### Directions for this task
In the entries below, count every line that has the string "result", and answer with that count alone.

### Supplied material
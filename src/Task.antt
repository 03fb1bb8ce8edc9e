-- ===== src/Task.antt =====
-- src/sched/task.rs: tasks, the statics behind their ids and stacks, and their signals. A pointer is
-- a number, and memory is read and written by 64-bit words at multiples of 8, as all of this code does.
pub mod Signals
pub mod Stack
pub mod Frame
use Prim.Native.Nat.{bit_and, bit_or}
use Prim.Native.String.{String}
use delta_os.Base.{
  ℕ, zero, suc, ◌+◌, ◌*◌, ◌%◌, Bool, true, false, not, ◌&&◌, Option, none, some, List, [],
  if◌then◌else◌, ltb, leb, ◌==◌,
}
use delta_os.Base.Word.{add64, sub64}
use delta_os.Base.Bits.{shl_one, complement, trailing_zeros}

pub data TaskState : Type 0 where
  ready running blocked terminated zombie : TaskState

pub data TaskPriority : Type 0 where
  low normal high real_time : TaskPriority

pub data TaskType : Type 0 where
  kernel user : TaskType

pub data TaskForeground : Type 0 where
  foreground background stopped : TaskForeground

-- `==` of the derived `PartialEq`, at the states and modes that the code compares with.
abbrev pub is_ready : TaskState → Bool
is_ready ready = true
is_ready _ = false

abbrev pub is_running : TaskState → Bool
is_running running = true
is_running _ = false

abbrev pub is_blocked : TaskState → Bool
is_blocked blocked = true
is_blocked _ = false

abbrev pub is_terminated : TaskState → Bool
is_terminated terminated = true
is_terminated _ = false

abbrev pub is_stopped_mode : TaskForeground → Bool
is_stopped_mode stopped = true
is_stopped_mode _ = false

abbrev pub is_foreground_mode : TaskForeground → Bool
is_foreground_mode foreground = true
is_foreground_mode _ = false

unfoldable pub state_as_str : TaskState → String
state_as_str ready = "READY"
state_as_str running = "RUNNING"
state_as_str blocked = "BLOCKED"
state_as_str terminated = "TERM"
state_as_str zombie = "ZOMBIE"

unfoldable pub priority_as_str : TaskPriority → String
priority_as_str low = "LOW"
priority_as_str normal = "NORM"
priority_as_str high = "HIGH"
priority_as_str real_time = "RT"

-- The discriminant, by which `PartialOrd` orders the priorities.
abbrev pub rank : TaskPriority → ℕ
rank low = 0
rank normal = 1
rank high = 2
rank real_time = 3

pub record SavedRegisters : Type 0 where
  pub rbx : ℕ
  pub rbp : ℕ
  pub r12 : ℕ
  pub r13 : ℕ
  pub r14 : ℕ
  pub r15 : ℕ
  pub rsp : ℕ

abbrev pub no_registers : SavedRegisters
no_registers = record { rbx = 0; rbp = 0; r12 = 0; r13 = 0; r14 = 0; r15 = 0; rsp = 0 }

-- An `i64`: the number and, for `minus n`, its negative.
pub data ExitCode : Type 0 where
  plus minus : ℕ → ExitCode

pub record Task : Type 0 where
  pub id : ℕ
  pub name : String
  pub state : TaskState
  pub priority : TaskPriority
  pub task_type : TaskType
  pub mode : TaskForeground  -- the field `foreground`
  pub stack_top : ℕ
  pub kernel_stack : ℕ
  pub entry_point : ℕ
  pub regs : SavedRegisters
  pub saved_rsp : ℕ
  pub time_slice : ℕ
  pub default_time_slice : ℕ
  pub total_cpu_ticks : ℕ
  pub start_tick : ℕ
  pub exit_code : ExitCode
  pub parent_id : Option ℕ
  pub children : List ℕ
  pub pml4_addr : ℕ
  pub pgid : ℕ
  pub joining : Bool
  pub pending_signals : ℕ
  pub blocked_signals : ℕ

abbrev pub task_stack_size : ℕ
task_stack_size = 64 * 1024

abbrev pub default_time_slice : ℕ
default_time_slice = 10

abbrev pub sigkill : ℕ
sigkill = 9

abbrev pub sigcont : ℕ
sigcont = 18

abbrev pub sigtstp : ℕ
sigtstp = 20

-- The statics NEXT_TASK_ID and NEXT_STACK, and the memory that stacks lie in.
pub record Machine : Type 0 where
  pub next_task_id : ℕ
  pub next_stack : ℕ
  pub memory : ℕ → ℕ

abbrev pub stack_region_start : ℕ
stack_region_start = 0xA00000

abbrev pub stack_region_end : ℕ
stack_region_end = 0x2000000

unfoldable pub write : (ℕ → ℕ) → ℕ → ℕ → ℕ → ℕ
write mem a v b = if a == b then v else mem b

unfoldable pub zero_fill : (ℕ → ℕ) → ℕ → ℕ → ℕ → ℕ
zero_fill mem a size b = if leb a b && ltb b (a + size) then 0 else mem b

-- `alloc_stack`: the top of a fresh stack, or 0 when the region is used up. The sums are of words.
unfoldable pub alloc_stack : Machine → ℕ → ℕ × Machine
alloc_stack m size = if ltb stack_region_end (add64 m.next_stack size) then (0, m) else (
  add64 m.next_stack size,
  record m { next_stack = add64 m.next_stack size; memory = zero_fill m.memory m.next_stack size },
)

-- The record that both constructors build, on the stacks they have taken.
unfoldable pub build : TaskType → ℕ → ℕ → ℕ → ℕ → String → Task
build kind id stack kstack entry name = record {
  id = id;
  name = name;
  state = ready;
  priority = normal;
  task_type = kind;
  mode = foreground;
  stack_top = stack;
  kernel_stack = kstack;
  entry_point = entry;
  regs = record no_registers { rsp = stack; rbp = stack };
  saved_rsp = stack;
  time_slice = default_time_slice;
  default_time_slice = default_time_slice;
  total_cpu_ticks = 0;
  start_tick = 0;
  exit_code = ExitCode.plus 0;
  parent_id = none;
  children = [];
  pml4_addr = 0;
  pgid = id;
  joining = false;
  pending_signals = 0;
  blocked_signals = 0;
}

-- `NEXT_TASK_ID.fetch_add(1)` returns the old value; an atomic add wraps.
abbrev fetch_id : Machine → ℕ × Machine
fetch_id m = (m.next_task_id, record m { next_task_id = add64 m.next_task_id 1 })

unfoldable pub new_kernel : Machine → ℕ → String → Task × Machine
unfolding alloc_stack build
new_kernel m entry name =
    let (id, m1) = fetch_id m in
    let (stack_top, m2) = alloc_stack m1 task_stack_size in
    (build kernel id stack_top stack_top entry name, m2)

unfoldable pub new_user : Machine → ℕ → String → Task × Machine
unfolding alloc_stack build
new_user m entry name =
    let (id, m1) = fetch_id m in
    let (user_stack, m2) = alloc_stack m1 task_stack_size in
    let (kernel_stack, m3) = alloc_stack m2 task_stack_size in
    (build user id user_stack kernel_stack entry name, m3)

unfoldable pub new_kernel_with_priority : Machine → ℕ → String → TaskPriority → Task × Machine
unfolding new_kernel
new_kernel_with_priority m entry name p =
    let (task, m') = new_kernel m entry name in (record task { priority = p }, m')

unfoldable pub new_kernel_background : Machine → ℕ → String → Task × Machine
unfolding new_kernel
new_kernel_background m entry name =
    let (task, m') = new_kernel m entry name in (record task { mode = background }, m')

-- `rsp -= 8; write(rsp, v)`, on a stack pointer and memory.
abbrev pub Cursor : Type 0
Cursor = ℕ × (ℕ → ℕ)

unfoldable pub push : Cursor → ℕ → Cursor
unfolding write
push (rsp, mem) v = (sub64 rsp 8, write mem (sub64 rsp 8) v)

unfoldable pub push_zeros : ℕ → Cursor → Cursor
push_zeros zero c = c
push_zeros (suc n) c = push_zeros n (push c 0)

-- The pushes of `setup_initial_stack`, from the top of the stack: ss, rsp, rflags, cs, rip, error
-- code, vector, ds, and the fifteen general registers.
unfoldable pub initial_frame : ℕ → ℕ → (ℕ → ℕ) → Cursor
unfolding push push_zeros
initial_frame stack_top entry mem = push_zeros 15 (
    push
      (push
        (push (push (push (push (push (push (stack_top, mem) 0x10) stack_top) 0x202) 0x08) entry) 0)
        0x20)
      0x10)

unfoldable pub setup_initial_stack : Task → (ℕ → ℕ) → Task × (ℕ → ℕ)
setup_initial_stack t mem =
    let (rsp, mem') = initial_frame t.stack_top t.entry_point mem in
    (record t { saved_rsp = rsp; regs = record (t.regs) { rsp = rsp } }, mem')

unfoldable pub set_time_slice : Task → ℕ → Task
set_time_slice t slices = record t { time_slice = slices; default_time_slice = slices }

unfoldable pub reset_time_slice : Task → Task
reset_time_slice t = record t { time_slice = t.default_time_slice }

unfoldable pub send_signal : Task → ℕ → Task
send_signal t signal =
    if ltb signal 32
    then record t { pending_signals = bit_or t.pending_signals (shl_one signal) }
    else t

unfoldable pub has_signal : Task → ℕ → Bool
has_signal t signal =
    if ltb signal 32 then not (bit_and t.pending_signals (shl_one signal) == 0) else false

-- `pending_signals & !blocked_signals`
unfoldable pub deliverable : Task → ℕ
deliverable t = bit_and t.pending_signals (complement 32 t.blocked_signals)

unfoldable pub pop_signal : Task → Option ℕ × Task
unfolding deliverable
pop_signal t =
    let signal = trailing_zeros 32 (deliverable t) in
    if deliverable t == 0 then (none, t) else (
      some signal,
      record t { pending_signals = bit_and t.pending_signals (complement 32 (shl_one signal)) },
    )

unfoldable pub is_foreground : Task → Bool
is_foreground t = is_foreground_mode t.mode

unfoldable pub is_stopped : Task → Bool
is_stopped t = is_stopped_mode t.mode
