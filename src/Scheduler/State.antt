-- ===== src/Scheduler/State.antt =====
-- src/sched/scheduler.rs: the scheduler's state and the creation of tasks. An `Arc<Mutex<Task>>` is
-- a number, its task is what `tasks` holds there, and locking it is a read or a write of that
-- cell: the kernel runs on one processor with the scheduler behind `&mut`, so no lock is
-- contended.
use Prim.Native.String.{String}
use delta_os.Base.{ℕ, suc, Bool, false, Option, none, List, [], ◌∷◌, ◌++◌, if◌then◌else◌, ◌==◌}
use delta_os.Base.Word.{add64}
use delta_os.Task.{
  Task, TaskPriority, low, SavedRegisters, no_registers, Machine, new_kernel, new_user,
  new_kernel_with_priority, new_kernel_background, setup_initial_stack,
}

abbrev pub Ref : Type 0
Ref = ℕ

-- The fields of `Scheduler`, and what it works on: the tasks that references point to (those
-- below `allocated` have been made), the statics of task.rs, the timer's TICK_COUNT, the
-- processor's callee-saved registers and DUMMY_REGS.
pub record Scheduler : Type 0 where
  pub ready_queue : List Ref
  pub current : Option Ref
  pub all_tasks : List Ref
  pub task_count : ℕ
  pub tick_count : ℕ
  pub need_reschedule : Bool
  pub preempt_enabled : Bool
  pub scheduler_ticks : ℕ
  pub context_switches : ℕ
  pub tasks : Ref → Task
  pub allocated : ℕ
  pub machine : Machine
  pub timer_ticks : ℕ
  pub cpu : SavedRegisters
  pub dummy_regs : SavedRegisters

-- `*arc.lock() = task`.
unfoldable pub put : (Ref → Task) → Ref → Task → Ref → Task
put tasks r t q = if r == q then t else tasks q

abbrev pub put_task : Scheduler → Ref → Task → Scheduler
put_task s r t = record s { tasks = put s.tasks r t }

abbrev pub push_ready : Scheduler → Ref → Scheduler
push_ready s r = record s { ready_queue = s.ready_queue ++ r ∷ [] }

-- `Scheduler::new`, on a machine where no task has been made; `blank` is what the unused cells
-- hold.
unfoldable pub new : Machine → Task → Scheduler
new m blank = record {
  ready_queue = [];
  current = none;
  all_tasks = [];
  task_count = 0;
  tick_count = 0;
  need_reschedule = false;
  preempt_enabled = false;
  scheduler_ticks = 0;
  context_switches = 0;
  tasks = λ r. blank;
  allocated = 0;
  machine = m;
  timer_ticks = 0;
  cpu = no_registers;
  dummy_regs = no_registers;
}

-- The part that the four `create_` functions share once the task is made: its first frame, its
-- start tick, an `Arc` for it, and its places in the queue and the table.
unfoldable pub enlist : Scheduler → Task × Machine → ℕ × Scheduler
unfolding put
enlist s (task, m) =
    let (framed, mem) = setup_initial_stack task m.memory in
    let r = s.allocated in
    (
      task.id,
      record s {
        ready_queue = s.ready_queue ++ r ∷ [];
        all_tasks = s.all_tasks ++ r ∷ [];
        task_count = add64 s.task_count 1;
        tasks = put s.tasks r (record framed { start_tick = s.timer_ticks });
        allocated = suc r;
        machine = record m { memory = mem };
      },
    )

unfoldable pub create_kernel_task : Scheduler → ℕ → String → ℕ × Scheduler
unfolding enlist
create_kernel_task s entry name = enlist s (new_kernel s.machine entry name)

unfoldable pub create_kernel_task_with_priority :
    Scheduler → ℕ → String → TaskPriority → ℕ × Scheduler
unfolding enlist
create_kernel_task_with_priority s entry name p =
    enlist s (new_kernel_with_priority s.machine entry name p)

unfoldable pub create_background_task : Scheduler → ℕ → String → ℕ × Scheduler
unfolding enlist
create_background_task s entry name = enlist s (new_kernel_background s.machine entry name)

unfoldable pub create_user_task : Scheduler → ℕ → String → ℕ × Scheduler
unfolding enlist
create_user_task s entry name = enlist s (new_user s.machine entry name)

-- `idle_addr` is the address of the function `idle_task`.
unfoldable pub create_idle_task : Scheduler → ℕ → ℕ × Scheduler
unfolding create_kernel_task_with_priority
create_idle_task s idle_addr = create_kernel_task_with_priority s idle_addr "idle" low
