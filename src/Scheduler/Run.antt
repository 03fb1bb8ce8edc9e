-- ===== src/Scheduler/Run.antt =====
-- src/sched/scheduler.rs: picking, switching, the timer tick and preemption.
use delta_os.Base.{
  ℕ, suc, ◌-◌, Bool, true, false, not, ◌&&◌, Option, none, some, List, [], ◌∷◌, if◌then◌else◌, ltb,
  ◌==◌, remove_at, get_or,
}
use delta_os.Base.Word.{add64}
use delta_os.Task.{
  Task, ready, running, blocked, terminated, background, stopped, is_ready, is_running,
  is_stopped_mode, rank, ExitCode, pop_signal, reset_time_slice, sigkill, sigtstp, sigcont,
}
use delta_os.Scheduler.State.{Ref, Scheduler, put, put_task, push_ready}

-- The loop of `pick_next_task`: the index of the first ready task of the highest priority above
-- `best`, or the index carried in.
unfoldable pub best_index : (Ref → Task) → List Ref → ℕ → ℕ → ℕ → ℕ
best_index tasks [] idx best_idx best = best_idx
best_index tasks (r ∷ rs) idx best_idx best =
    let better = is_ready (tasks r).state && ltb best (rank (tasks r).priority) in
    best_index tasks rs (suc idx) (if better then idx else best_idx)
      (if better then rank (tasks r).priority else best)

-- The queue without the picked reference, and that reference. A non-empty queue is indexed in
-- range; `get_or` falls back to the head.
unfoldable pub pick_next_task : (Ref → Task) → List Ref → Option (Ref × List Ref)
unfolding best_index
pick_next_task tasks [] = none
pick_next_task tasks (r ∷ rs) =
    let i = best_index tasks (r ∷ rs) 0 0 0 in
    let chosen = get_or (r ∷ rs) i r in
    if is_ready (tasks chosen).state then some (chosen, remove_at i (r ∷ rs)) else none

-- `context_switch` of context_switch.asm: the registers are saved where the outgoing task keeps
-- them, and loaded from the incoming one. The `ret` that follows goes on at the word under the new
-- stack pointer; the model goes on with the caller's next statement, as when the outgoing task
-- is resumed.
unfoldable pub do_context_switch : Scheduler → Option Ref → Ref → Scheduler
unfolding put
do_context_switch s (some c) n =
    let saved = put_task s c (record (s.tasks c) { regs = s.cpu }) in
    record saved { cpu = (saved.tasks n).regs }
do_context_switch s none n = record s { dummy_regs = s.cpu; cpu = (s.tasks n).regs }

-- `ptr_eq` of the outgoing reference, if any, and the incoming one.
abbrev pub same_task : Option Ref → Ref → Bool
same_task (some c) n = c == n
same_task none n = false

-- The first part of `schedule`: a current task that still runs goes to the back of the queue.
unfoldable pub requeue_current : Scheduler → Option Ref → Scheduler
unfolding put reset_time_slice
requeue_current s none = s
requeue_current s (some c) =
    if is_running (s.tasks c).state
    then push_ready (put_task s c (reset_time_slice (record (s.tasks c) { state = ready }))) c
    else s

-- The picked task `n` runs and is the current one, and `rest` is the queue.
unfoldable pub start : Scheduler → Ref → List Ref → Scheduler
unfolding put
start s n rest = record (put_task s n (record (s.tasks n) { state = running })) {
  ready_queue = rest;
  current = some n;
}

-- The context is switched, and the switch counted, if the task is another.
unfoldable pub switch_to : Scheduler → Option Ref → Ref → Scheduler
switch_to s old n =
    if same_task old n
    then s
    else let switched = do_context_switch s old n in
      record switched { context_switches = add64 switched.context_switches 1 }

-- The second part of `schedule`, with the result of `pick_next_task`.
unfoldable pub dispatch : Scheduler → Option Ref → Option (Ref × List Ref) → Scheduler
dispatch s old none = record s { current = old }
dispatch s old (some (n, rest)) = switch_to (start s n rest) old n

unfoldable pub schedule : Scheduler → Scheduler
schedule s =
    let queued = requeue_current (record s { need_reschedule = false; current = none }) s.current in
    dispatch queued s.current (pick_next_task queued.tasks queued.ready_queue)

-- What the signal taken in `tick` does to the task, and whether `tick` returns at once.
unfoldable pub handle_signal : Option ℕ → Task → Task × Bool
handle_signal none t = (t, false)
handle_signal (some signal) t =
    if signal == sigkill
    then (record t { state = terminated; exit_code = ExitCode.minus 9 }, true)
    else if signal == sigtstp
    then (record t { mode = stopped; state = blocked }, true)
    else if (signal == sigcont) && is_stopped_mode t.mode
    then (record t { mode = background; state = running }, false)
    else (t, false)

unfoldable pub deliver : Task → Task × Bool
deliver t =
    if t.pending_signals == 0
    then (t, false)
    else let (signal, t') = pop_signal t in handle_signal signal t'

-- One tick of CPU time and, if any is left, one of the time slice.
unfoldable pub charge : Task → Task
charge t = record t {
  total_cpu_ticks = add64 t.total_cpu_ticks 1;
  time_slice = if ltb 0 t.time_slice then t.time_slice - 1 else t.time_slice;
}

abbrev reschedule_if_needed : Scheduler → Scheduler
reschedule_if_needed s = if s.need_reschedule then schedule s else s

-- `tick` on the current task `c`, after its signals: the task as they left it, and whether one of
-- them ends the tick.
unfoldable pub tick_task : Scheduler → Ref → Task × Bool → Scheduler
tick_task s c (t, returned) =
    if returned
    then record (put_task s c t) { need_reschedule = true }
    else if not (is_running t.state)
    then record (put_task s c t) { need_reschedule = true }
    else let charged = put_task s c (charge t) in
      reschedule_if_needed
        (if (charge t).time_slice == 0 then record charged { need_reschedule = true } else charged)

unfoldable pub tick_current : Scheduler → Option Ref → Scheduler
tick_current s none = reschedule_if_needed s
tick_current s (some c) = tick_task s c (deliver (s.tasks c))

unfoldable pub tick : Scheduler → Scheduler
tick s =
    let counted = record s {
      tick_count = add64 s.tick_count 1;
      scheduler_ticks = add64 s.scheduler_ticks 1;
    } in
    if not counted.preempt_enabled then counted else tick_current counted counted.current

-- The first part of `preempt_schedule`: the current task, whatever its state, is marked ready and
-- goes to the back of the queue with the stack pointer at which it was interrupted.
unfoldable pub preempt_current : Scheduler → Option Ref → ℕ → Scheduler
unfolding put reset_time_slice
preempt_current s none rsp = s
preempt_current s (some c) rsp =
    push_ready
      (put_task s c (reset_time_slice (record (s.tasks c) { saved_rsp = rsp; state = ready }))) c

-- Where no task is picked, the current one runs on, still queued.
unfoldable pub run_on : Scheduler → Option Ref → Scheduler
unfolding put
run_on s none = s
run_on s (some c) = put_task s c (record (s.tasks c) { state = running })

-- The second part, with the result of `pick_next_task`; it returns the stack pointer to go on with.
unfoldable pub preempt_dispatch : Scheduler → Option (Ref × List Ref) → ℕ → ℕ × Scheduler
preempt_dispatch s none rsp = (rsp, run_on s s.current)
preempt_dispatch s (some (n, rest)) rsp =
    let started = start s n rest in
    ((s.tasks n).saved_rsp, record started { context_switches = add64 s.context_switches 1 })

unfoldable pub preempt_schedule : Scheduler → ℕ → ℕ × Scheduler
preempt_schedule s rsp =
    if not s.preempt_enabled
    then (rsp, s)
    else let queued = preempt_current s s.current rsp in
      preempt_dispatch queued (pick_next_task queued.tasks queued.ready_queue) rsp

### Written solution
2